Все утро в здании царила тишина, потому что Эсме и Кэтлин иногда выводили на прогулку. Я слушала доносившиеся из парка далекие крики и возгласы и думала, не пора ли насладиться обществом хлеба с маслом. Как-то раз через щель под дверью в палату забежал мышонок, заскочил на мою кровать, перебежал на одежду. Я ахнула от испуга и пошевелилась, и серый дружок убежал обратно под дверь. Но вернулся. И приходил снова и снова. Я назвала его мистером Гриффитсом, потому что он был родом из Кирпичного Дома и сарая для матрасов и, следовательно, цивилизованным мышонком. Насколько цивилизованным? Ну, он не прыгал, как полевая мышь, а бежал, как должны бежать цивилизованные люди, чтобы, добравшись до финала, узнать, зачем все это было. С мистером Гриффитсом я завязала рискованную дружбу, потому что, хотя он и не хотел рассказывать о своем собственном мире, подкупленный, как и любой человек, обещаниями, заголовками и крошками, остававшимися от завтрака, он слушал мои рассказы о втором отделении, электрошоке и старшей медсестре Бридж, которая всем приказала, чтобы мне не давали книг, письменных принадлежностей и не разговаривали со мной.
Тем не менее одна из медсестер просунула мне журнал через щель в углу, а другая принесла украдкой карандаш. Журнал для женщин жужжал ошеломляющими историями о докторах и медсестрах, малярии и акциях каучуковых компаний, советами о семейной жизни, «Ночными мыслями человека с серыми глазами», рекламой слабительного средства с тонизирующим эффектом «Байл Бинз» и вкладышами с рецептами приготовления идеально симметричных фруктовых желе, хитростями полихромной кулинарии, схемами для вязания и выкройками для шитья. Я компульсивно вчитывалась в рекламные объявления, как будто они содержали секреты жизни и свободы (некоторые обещали запас и того и другого на целых двадцать восемь дней), проникала в каждую строчку с той же увлеченностью, с какой раньше читала вырезки из газет, которые отец выбирал для туалета. Карандашом писала на стене обрывки стихов, какие могла вспомнить, но в Кирпичном Доме это было равносильно покраске волос краской (настоящая революция в мире моды!), которая «не берется»; материалы были антагонистичны – слова страдали от жестокой нечеткости очертаний или из самозащиты предпочитали не соприкасаться с поверхностью, не оформляясь вовсе.

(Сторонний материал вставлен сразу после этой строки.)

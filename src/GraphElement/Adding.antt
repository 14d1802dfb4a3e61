-- ===== src/GraphElement/Adding.antt =====
-- Adding an adapter to an element (src/include/yloc/graph_element.h).
use yloc.Prelude.{
  ◌≡◌, refl, List, [], ◌∷◌, ◌++◌, Option, none, some, Text, Result, ok, fault, ◌>>=◌,
}
use yloc.Property.{ValueType}
use yloc.Adapter.{Adapter}
use yloc.GraphElement.Lookup.{property_of, typed, get-first_value}
use yloc.GraphElement.{GraphElement, first_value, get, add_adapter, new_element}

-- The first of two searches, or the second if the first finds nothing.
abbrev pub or_else : {V : Type 0} → Result (Option V) → Result (Option V) → Result (Option V)
or_else (ok none) r = r
or_else (ok (some v)) r = ok (some v)
or_else fault r = fault

module _ {Mask : Type 0} where
  first_value-append :
      {V : Type 0} (f : Adapter Mask → Result (Option V)) (l l' : List (Adapter Mask))
      → first_value f (l ++ l') ≡ or_else (first_value f l) (first_value f l')
  unfolding first_value
  first_value-append f [] l' = refl
  first_value-append f (a ∷ l) l' = by_reading (f a) (first_value-append f l l')
    where
      by_reading :
          (r : Result (Option _))
          → first_value f (l ++ l') ≡ or_else (first_value f l) (first_value f l')
          → (r >>= λ v. elim v [ some x ↦ ok (some x) | none ↦ first_value f (l ++ l') ])
            ≡ or_else
                (r >>= λ v. elim v [ some x ↦ ok (some x) | none ↦ first_value f l ])
                (first_value f l')
      by_reading (ok none) ih = ih
      by_reading (ok (some x)) ih = refl
      by_reading fault ih = refl

  -- An adapter that is added never changes a value that the element has already: the new element
  -- reads as before, and only where it had no value it reads as the new adapter alone.
  pub get-add_adapter :
      (t : ValueType) (e : GraphElement Mask) (a : Adapter Mask) (k : Text)
      → get t (add_adapter e a) k ≡ or_else (get t e k) (get t (add_adapter new_element a) k)
  unfolding add_adapter
  get-add_adapter t e a k =
      rw
        (
          get-first_value t (add_adapter e a) k,
          get-first_value t e k,
          get-first_value t (add_adapter new_element a) k,
        )
        (first_value-append (λ a. typed t (property_of k a)) e.m_adapters (a ∷ []))
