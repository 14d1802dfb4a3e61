-- ===== src/GraphElement/Rendering.antt =====
-- The specialisation of `get` for std::string in src/include/yloc/graph_element.h.
use yloc.Prelude.{
  ◌≡◌, refl, sym, ap, List, [], ◌∷◌, true, Option, none, some, Text, find_key, Result, ok, fault,
  ◌>>=◌, Memᴰ,
}
use mathlib.Core.Path.{fun_ext}
use yloc.Property.{
  ValueType, Value, BoundProperty, supports, value_to_string, value_as_supported, reading_text,
}
use yloc.Adapter.{Adapter, Property, shared_map, find_module_property}
use yloc.GraphElement.Lookup.{property_of, property_by, typed, get-first_value}
use yloc.GraphElement.{GraphElement, first_value, get, module_text, get_string_by, get_string}

module _ {Mask : Type 0} where
  text_of : (Mask → Text) → Option (BoundProperty Mask) → Result (Option Text)
  text_of show_mask none = ok none
  text_of show_mask (some p) = value_to_string show_mask p

  get_string_by-first_value :
      (o : Option (Property Mask)) (show_mask : Mask → Text) (e : GraphElement Mask) (k : Text)
      → get_string_by o show_mask e k
        ≡ first_value (λ a. text_of show_mask (property_by o k a)) e.m_adapters
  unfolding get_string_by module_text text_of
  get_string_by-first_value (some p) show_mask e k = refl
  get_string_by-first_value none show_mask e k =
      ap (λ f. first_value f e.m_adapters) (fun_ext λ a. by_own (find_module_property a k))
    where
      by_own :
          (o : Option (BoundProperty Mask))
          → elim o [ none ↦ ok none | some p ↦ value_to_string show_mask p ] ≡ text_of show_mask o
      by_own none = refl
      by_own (some p) = refl

  text_of-typed :
      (show_mask : Mask → Text) (t : ValueType) (o : Option (BoundProperty Mask))
      → ((p : BoundProperty Mask) → o ≡ some p → supports p.type t ≡ true)
      → text_of show_mask o ≡ reading_text show_mask t (typed t o)
  unfolding text_of
  text_of-typed show_mask t none h = refl
  text_of-typed show_mask t (some p) h =
      let same = h p refl in rw same (sym (value_as_supported show_mask t p same).1)

  first_value-reading_text :
      (show_mask : Mask → Text) (t : ValueType) (f : Adapter Mask → Result (Option (Value Mask t)))
      (g : Adapter Mask → Result (Option Text)) (l : List (Adapter Mask))
      → ((a : Adapter Mask) → Memᴰ a l → g a ≡ reading_text show_mask t (f a))
      → first_value g l ≡ reading_text show_mask t (first_value f l)
  unfolding first_value
  first_value-reading_text show_mask t f g [] h = refl
  first_value-reading_text show_mask t f g (a ∷ l) h =
      rw (h a (Memᴰ.head refl))
        (by_reading (f a) (first_value-reading_text show_mask t f g l (λ b m. h b (Memᴰ.tail m))))
    where
      by_reading :
          (r : Result (Option (Value Mask t)))
          → first_value g l ≡ reading_text show_mask t (first_value f l)
          → (reading_text show_mask t r >>= λ v. elim v [
            | some x ↦ ok (some x)
            | none ↦ first_value g l
          ])
            ≡ reading_text show_mask t
                (r >>= λ v. elim v [ some x ↦ ok (some x) | none ↦ first_value f l ])
      by_reading (ok none) ih = ih
      by_reading (ok (some x)) ih = refl
      by_reading fault ih = refl

  -- Where every adapter that knows the property declares it with the type `t`, `get<std::string>`
  -- returns the text of what `get<t>` returns, and nothing or a fault where that does.
  pub get_string-get :
      (show_mask : Mask → Text) (t : ValueType) (e : GraphElement Mask) (k : Text)
      → ((a : Adapter Mask) (p : BoundProperty Mask)
          → Memᴰ a e.m_adapters
          → property_of k a ≡ some p
          → supports p.type t ≡ true)
      → get_string show_mask e k ≡ reading_text show_mask t (get t e k)
  unfolding get_string
  get_string-get show_mask t e k h =
      rw (get-first_value t e k, get_string_by-first_value (find_key k shared_map) show_mask e k)
        (first_value-reading_text show_mask t (λ a. typed t (property_of k a))
          (λ a. text_of show_mask (property_of k a)) e.m_adapters
          (λ a m. text_of-typed show_mask t (property_of k a) (λ p. h a p m)))
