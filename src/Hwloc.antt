-- ===== src/Hwloc.antt =====
-- The module for hwloc (modules/hwloc/): its adapter, the types of its objects and how it builds the
-- topology graph.
pub mod Adapter
pub mod Types
pub mod Table
pub mod Build
pub mod Structure
pub mod Init
pub mod Devices
pub mod Classes
pub mod Described
pub mod Searchable
pub mod Ready
pub mod Total
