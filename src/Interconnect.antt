-- ===== src/Interconnect.antt =====
-- The loops over pairs of GPUs that add edges between those that are directly connected, in
-- modules/nvml/nvml_impl.cc. `connected` is whether NVML reports the status OK for a pair of devices,
-- and `vertices` are the vertices of the devices.
pub mod Counted
pub mod Linked
pub mod Gpus
use yloc.Prelude.{ℕ, zero, suc, Bool, if◌then◌else◌}
use yloc.Graph.{BoostGraph, Graph, add_gpu_link}

module _ {Mask : Type 0} {boost : BoostGraph Mask} (connected : ℕ → ℕ → Bool)
    (vertices : ℕ → ℕ) where
  -- The body of the inner loop, with the number of interconnects.
  unfoldable pub link_pair : ℕ → ℕ → Graph boost × ℕ → Graph boost × ℕ
  link_pair src dst (g, n) =
      if connected src dst then (add_gpu_link (vertices src) (vertices dst) g, suc n) else (g, n)

  -- The inner loop, with the number of rounds that are left.
  unfoldable pub link_from : ℕ → ℕ → ℕ → Graph boost × ℕ → Graph boost × ℕ
  link_from src zero dst s = s
  link_from src (suc left) dst s = link_from src left (suc dst) (link_pair src dst s)

  -- The outer loop; the inner one has one round fewer than are left of it.
  unfoldable pub link_all : ℕ → ℕ → Graph boost × ℕ → Graph boost × ℕ
  link_all zero src s = s
  link_all (suc left) src s = link_all left (suc src) (link_from src left (suc src) s)

  unfoldable pub yloc_nvml_gpu_interconnect : ℕ → Graph boost → Graph boost × ℕ
  yloc_nvml_gpu_interconnect num_devices g = link_all num_devices 0 (g, 0)
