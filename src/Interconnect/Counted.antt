-- ===== src/Interconnect/Counted.antt =====
-- How many pairs of GPUs the loops of modules/nvml/nvml_impl.cc and modules/rocm/rocm_impl.cc connect.
use yloc.Prelude.{
  ℕ, zero, suc, ◌+◌, ◌≡◌, refl, ◌∙◌, Bool, Bool-cases, inl, inr, if◌then◌else◌, arith,
}
use yloc.External.Bitset.{count_below}
use yloc.Graph.{BoostGraph, Graph}
use yloc.Interconnect.{link_pair, link_from, link_all}

-- The number of connected pairs of devices below `n`: each device with those of smaller numbers.
unfoldable pub num_pairs : (ℕ → ℕ → Bool) → ℕ → ℕ
num_pairs connected zero = 0
num_pairs connected (suc n) = num_pairs connected n + count_below (λ i. connected i n) n

-- The number of hits among `left` numbers from `start` on.
abbrev count_from : (ℕ → Bool) → ℕ → ℕ → ℕ
count_from p zero start = 0
count_from p (suc left) start = (if p start then 1 else 0) + count_from p left (suc start)

count_from-last :
    (p : ℕ → Bool) (left start end : ℕ)
    → start + left ≡ end
    → count_from p (suc left) start ≡ count_from p left start + (if p end then 1 else 0)
count_from-last p zero start end e = let same : end ≡ start = omega arith in rw same (omega arith)
count_from-last p (suc left) start end e =
    omega (arith, count_from-last p left (suc start) end (omega (arith, e)))

count_from-below : (p : ℕ → Bool) (n : ℕ) → count_from p n 0 ≡ count_below p n
count_from-below p zero = refl
count_from-below p (suc n) =
    omega (arith, count_from-last p n 0 n (omega arith), count_from-below p n)

module _ (connected : ℕ → ℕ → Bool) where
  -- The pairs in the order of the loops: each of `left` devices from `src` on with those behind it.
  abbrev rows : ℕ → ℕ → ℕ
  rows zero src = 0
  rows (suc left) src = count_from (connected src) left (suc src) + rows left (suc src)

  rows-last :
      (left src end : ℕ)
      → src + left ≡ end
      → rows (suc left) src ≡ rows left src + count_from (λ i. connected i end) left src
  rows-last zero src end e = refl
  rows-last (suc left) src end e =
      let last = count_from-last (connected src) left (suc src) end (omega (arith, e)) in
      let others = rows-last left (suc src) end (omega (arith, e)) in omega (arith, last, others)

  rows-num_pairs : (n : ℕ) → rows n 0 ≡ num_pairs connected n
  unfolding num_pairs
  rows-num_pairs zero = refl
  rows-num_pairs (suc n) = omega (
    arith,
    rows-last n 0 n (omega arith),
    rows-num_pairs n,
    count_from-below (λ i. connected i n) n,
  )

  module _ {Mask : Type 0} {boost : BoostGraph Mask} (vertices : ℕ → ℕ) where
    link_pair-counts :
        (src dst : ℕ) (s : Graph boost × ℕ)
        → (link_pair connected vertices src dst s).1 ≡ s.1 + (if connected src dst then 1 else 0)
    unfolding link_pair
    link_pair-counts src dst (g, n) = elim (Bool-cases (connected src dst)) [
      | inl e ↦ rw (link_pair, e) (omega arith)
      | inr e ↦ rw (link_pair, e) (omega arith)
    ]

    link_from-counts :
        (src left dst : ℕ) (s : Graph boost × ℕ)
        → (link_from connected vertices src left dst s).1
          ≡ s.1 + count_from (connected src) left dst
    unfolding link_from
    link_from-counts src zero dst s = omega arith
    link_from-counts src (suc left) dst s =
        link_from-counts src left (suc dst) (link_pair connected vertices src dst s)
        ∙ omega (arith, link_pair-counts src dst s)

    link_all-counts :
        (left src : ℕ) (s : Graph boost × ℕ)
        → (link_all connected vertices left src s).1 ≡ s.1 + rows left src
    unfolding link_all
    link_all-counts zero src s = omega arith
    link_all-counts (suc left) src s =
        link_all-counts left (suc src) (link_from connected vertices src left (suc src) s)
        ∙ omega (arith, link_from-counts src left (suc src) s)

    -- The loops count each connected pair once.
    pub link_all-num_pairs :
        (n : ℕ) (g : Graph boost)
        → (link_all connected vertices n 0 (g, 0)).1 ≡ num_pairs connected n
    link_all-num_pairs n g = omega (arith, link_all-counts n 0 (g, 0), rows-num_pairs n)
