-- ===== src/Peer/Outbox/Queue.antt =====
-- The well-formedness of the queues of the outbox.
use nonetchat_web.Prelude.{
  ℕ, String, ◌≡◌, refl, truthy, is_some, ◌≢◌, Bool, true, false, not, ◌&&◌, ◌||◌, Option, none,
  some, List, [], ◌∷◌, ◌++◌, ◌==◌, eq_iff, arith, if◌then◌else◌, inl, inr, ap, Option-cases,
  Bool-cases,
}
use nonetchat_web.Prelude.Dict
use nonetchat_web.Prelude.Dict.{get-set, get-delete}
use nonetchat_web.Protocol.{PeerMessage, is_chat}
use nonetchat_web.Store.Exec.{Result, ok, err}
use nonetchat_web.Store.Tables.{save_pending_message}
use nonetchat_web.Peer.State.{Peer, QueuedMessage, Draw}
use nonetchat_web.Peer.Outbox.{
  get_queue, has_id, find_id, mark_saved, persist_entry, persist_queued_chat_message,
  keep_for_later, mark_persisted, remove_id, remove_from, pending_record, set_queue, store_queue,
  choose_id, enqueue_message, remove_queued_message,
}

abbrev pub DistinctIds : List QueuedMessage → Type 0
DistinctIds [] = Unit
DistinctIds (q ∷ qs) = (has_id q.id qs ≡ false) × DistinctIds qs

pub record IsOutbox (s : Peer) : Type 0 where
  pub queues :
      (peer_id : String) (queue : List QueuedMessage)
      → Dict.get peer_id s.message_queue ≡ some queue
      → DistinctIds queue × (queue ≢ [])

pub has_id-append :
    (id : String) (xs ys : List QueuedMessage)
    → has_id id (xs ++ ys) ≡ (has_id id xs || has_id id ys)
unfolding has_id
has_id-append id [] ys = refl
has_id-append id (q ∷ qs) ys = ground (arith, has_id-append id qs ys)

pub has_id-mark_persisted :
    (id k : String) (q : List QueuedMessage) → has_id id (mark_persisted k q) ≡ has_id id q
unfolding has_id mark_persisted
has_id-mark_persisted id k [] = refl
has_id-mark_persisted id k (q ∷ qs) = ground (arith, has_id-mark_persisted id k qs)

pub has_id-remove_id :
    (id k : String) (q : List QueuedMessage)
    → DistinctIds q
    → has_id id (remove_id k q) ≡ (not (k == id) && has_id id q)
unfolding has_id remove_id
has_id-remove_id id k [] h = ground arith
has_id-remove_id id k (q ∷ qs) h =
    ground (arith, has_id-remove_id id k qs h.1, eq_iff q.id k, eq_iff q.id id, eq_iff k id)

DistinctIds-concat :
    (xs : List QueuedMessage) (q : QueuedMessage)
    → DistinctIds xs
    → has_id q.id xs ≡ false
    → DistinctIds (xs ++ q ∷ [])
unfolding has_id
DistinctIds-concat [] q h new = (refl, tt)
DistinctIds-concat (x ∷ xs) q h new = (
  ground (arith, has_id-append x.id xs (q ∷ []), eq_iff x.id q.id, eq_iff q.id x.id),
  DistinctIds-concat xs q h.1 (ground arith),
)

DistinctIds-mark_persisted :
    (k : String) (q : List QueuedMessage) → DistinctIds q → DistinctIds (mark_persisted k q)
unfolding mark_persisted
DistinctIds-mark_persisted k [] h = tt
DistinctIds-mark_persisted k (q ∷ qs) h =
    ground (arith, DistinctIds-mark_persisted k qs h.1, has_id-mark_persisted q.id k qs)

DistinctIds-remove_id :
    (k : String) (q : List QueuedMessage) → DistinctIds q → DistinctIds (remove_id k q)
unfolding remove_id
DistinctIds-remove_id k [] h = tt
DistinctIds-remove_id k (q ∷ qs) h =
    ground (arith, DistinctIds-remove_id k qs h.1, has_id-remove_id q.id k qs h.1)

mark_persisted-ne : (k : String) (q : List QueuedMessage) → q ≢ [] → mark_persisted k q ≢ []
unfolding mark_persisted
mark_persisted-ne k [] h e = h refl
mark_persisted-ne k (q ∷ qs) h e = ground arith

concat-ne : (xs : List QueuedMessage) (q : QueuedMessage) → (xs ++ q ∷ []) ≢ []
concat-ne [] q e = cc
concat-ne (x ∷ xs) q e = cc

module _ (s : Peer) (out : IsOutbox s) where
  pub DistinctIds-get_queue : (peer_id : String) → DistinctIds (get_queue peer_id s)
  unfolding get_queue
  DistinctIds-get_queue peer_id = elim (Option-cases (Dict.get peer_id s.message_queue)) [
    | inl e ↦ rw e tt
    | inr (q, e) ↦ rw e (out.queues peer_id q e).0
  ]

  set_queue-IsOutbox :
      (peer_id : String) (q : List QueuedMessage)
      → DistinctIds q
      → q ≢ []
      → IsOutbox (set_queue peer_id q s)
  set_queue-IsOutbox peer_id q d filled = record {
    queues = λ j found h. elim (Bool-cases (peer_id == j)) [
      | inl same ↦
          let e : q ≡ found = ground (arith, get-set j peer_id q s.message_queue) in
          (rw (← e) d, rw (← e) filled)
      | inr other ↦ out.queues j found (ground (arith, get-set j peer_id q s.message_queue))
    ];
  }

  store_queue-IsOutbox :
      (peer_id : String) (q : List QueuedMessage)
      → DistinctIds q
      → IsOutbox (store_queue peer_id q s)
  store_queue-IsOutbox peer_id [] d = record {
    queues = λ j found h. out.queues j found (ground (arith, get-delete j peer_id s.message_queue));
  }
  store_queue-IsOutbox peer_id (x ∷ xs) d = set_queue-IsOutbox peer_id (x ∷ xs) d (λ e. cc)

  pub enqueue_message-IsOutbox :
      (peer_id : String) (m : PeerMessage) (queue_id : Option String) (persisted : Bool) (d : Draw)
      → IsOutbox (enqueue_message peer_id m queue_id persisted d s)
  unfolding enqueue_message
  enqueue_message-IsOutbox peer_id m queue_id persisted d =
      let queue = get_queue peer_id s in
      let id : String = choose_id queue_id m d in
      let row : QueuedMessage = record { id = id; message = m; persisted = persisted } in
      elim (Bool-cases (has_id id queue)) [
        | inl old ↦ rw old (again persisted (mark_persisted id queue) (marked id) (filled id old))
        | inr new ↦ rw new (
            set_queue-IsOutbox peer_id (queue ++ row ∷ [])
              (DistinctIds-concat queue row (DistinctIds-get_queue peer_id) new)
              (concat-ne queue row))
      ]
    where
      marked : (id : String) → DistinctIds (mark_persisted id (get_queue peer_id s))
      marked id =
          DistinctIds-mark_persisted id (get_queue peer_id s) (DistinctIds-get_queue peer_id)

      filled :
          (id : String)
          → has_id id (get_queue peer_id s) ≡ true
          → mark_persisted id (get_queue peer_id s) ≢ []
      filled id old =
          mark_persisted-ne id (get_queue peer_id s)
            (λ e. unfold has_id in ground (arith, ap (has_id id) e))

      again :
          (b : Bool) (q : List QueuedMessage)
          → DistinctIds q
          → q ≢ []
          → IsOutbox (if b then set_queue peer_id q s else s)
      again true q dq f = set_queue-IsOutbox peer_id q dq f
      again false q dq f = out

  pub remove_queued_message-IsOutbox :
      (peer_id queue_id : String) → IsOutbox (remove_queued_message peer_id queue_id s)
  unfolding remove_queued_message
  remove_queued_message-IsOutbox peer_id queue_id = go (Dict.get peer_id s.message_queue) refl
    where
      go :
          (o : Option (List QueuedMessage))
          → Dict.get peer_id s.message_queue ≡ o
          → IsOutbox (remove_from peer_id queue_id s o)
      go none e = out
      go (some q) e = elim (Bool-cases (has_id queue_id q)) [
        | inl here ↦ rw here (
            store_queue-IsOutbox peer_id (remove_id queue_id q)
              (DistinctIds-remove_id queue_id q (out.queues peer_id q e).0))
        | inr gone ↦ rw gone out
      ]

  pub with_queues_of-IsOutbox : (t : Peer) → t.message_queue ≡ s.message_queue → IsOutbox t
  with_queues_of-IsOutbox t e = record { queues = λ j q h. out.queues j q (rw (← e) h) }

find_id-ne :
    (id : String) (q : List QueuedMessage) (x : QueuedMessage) → find_id id q ≡ some x → q ≢ []
unfolding find_id
find_id-ne id [] x h e = cc
find_id-ne id (y ∷ ys) x h e = cc

module _ (s : Peer) (out : IsOutbox s) where
  mark_saved-IsOutbox :
      (peer_id id : String) (r : Result (Unit {0}))
      → get_queue peer_id s ≢ []
      → IsOutbox (mark_saved peer_id id r s)
  mark_saved-IsOutbox peer_id id (ok _) filled =
      set_queue-IsOutbox s out peer_id (mark_persisted id (get_queue peer_id s))
        (DistinctIds-mark_persisted id (get_queue peer_id s) (DistinctIds-get_queue s out peer_id))
        (mark_persisted-ne id (get_queue peer_id s) filled)
  mark_saved-IsOutbox peer_id id (err _) filled = out

module _ (s : Peer) (out : IsOutbox s) (peer_id id : String) (m : PeerMessage) (now : ℕ) where
  persist_entry-IsOutbox :
      (o : Option QueuedMessage)
      → find_id id (get_queue peer_id s) ≡ o
      → IsOutbox (persist_entry peer_id id m now s o)
  unfolding get_queue
  persist_entry-IsOutbox none e = out
  persist_entry-IsOutbox (some x) e = elim (Bool-cases x.persisted) [
    | inl already ↦ rw already out
    | inr fresh ↦
        let saved = save_pending_message (pending_record peer_id id m now) s.idb in
        let s' : Peer = record s { idb = saved.1 } in
        rw fresh (
          mark_saved-IsOutbox s' (with_queues_of-IsOutbox s out s' refl) peer_id id saved.0
            (find_id-ne id (get_queue peer_id s) x e))
  ]

  pub persist-IsOutbox : IsOutbox (persist_queued_chat_message peer_id id m now s)
  unfolding persist_queued_chat_message
  persist-IsOutbox = elim (Bool-cases (is_chat m.kind)) [
    | inl chat ↦ rw chat (persist_entry-IsOutbox (find_id id (get_queue peer_id s)) refl)
    | inr other ↦ rw other out
  ]

module _ (s : Peer) (out : IsOutbox s) (peer_id : String) (m : PeerMessage) where
  pub keep_for_later-IsOutbox :
      (id : String) (d : Draw) → IsOutbox (keep_for_later peer_id m id d s)
  unfolding keep_for_later
  keep_for_later-IsOutbox id d =
      let queued = enqueue_message-IsOutbox s out peer_id m (some id) false d in
      elim (Bool-cases (is_some (truthy m.message_id))) [
        | inl named ↦ rw named (persist-IsOutbox _ queued peer_id id m d.now)
        | inr unnamed ↦ rw unnamed queued
      ]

«Вот тебе вода, тряпка и мыло, – сказала сестра Бридж. – Вытри это все».
Далеко ли до Вавилона?
Без карандаша и журнала, которые были обнаружены, когда у меня в комнате застилали кровать, я декламировала стихи для себя, или пела, или молчала, вспоминая вдруг всё, и боялась. Эсме и Кэтлин вели себя тихо. Эсме, если ее не выводили во двор или парк, целыми днями сидела в углу палаты, натянув ночную рубашку на голову. Она была дикой и бросалась на любого, кто входил, – на любого, кроме старшей медсестры Бридж. Кэтлин тоже была свирепой; в отличие от многих других, к ней каждые две недели приходил посетитель – ее мать. Раз в две недели Кэтлин одевали в обычную одежду, ей вытирали нос, завязывали волосы лентой, на распухшие, огрубевшие ноги надевали туфли, купленные много лет назад, но сохранявшие свой свежий вид, как смогли бы и ваши башмаки, если бы вы надевали их всего на восемь часов в год. Обычно же Кэтлин стояла неподвижно весь день, иногда внезапно топала ногой, как топает лошадь в загоне, чтобы избавиться от мух и зуда.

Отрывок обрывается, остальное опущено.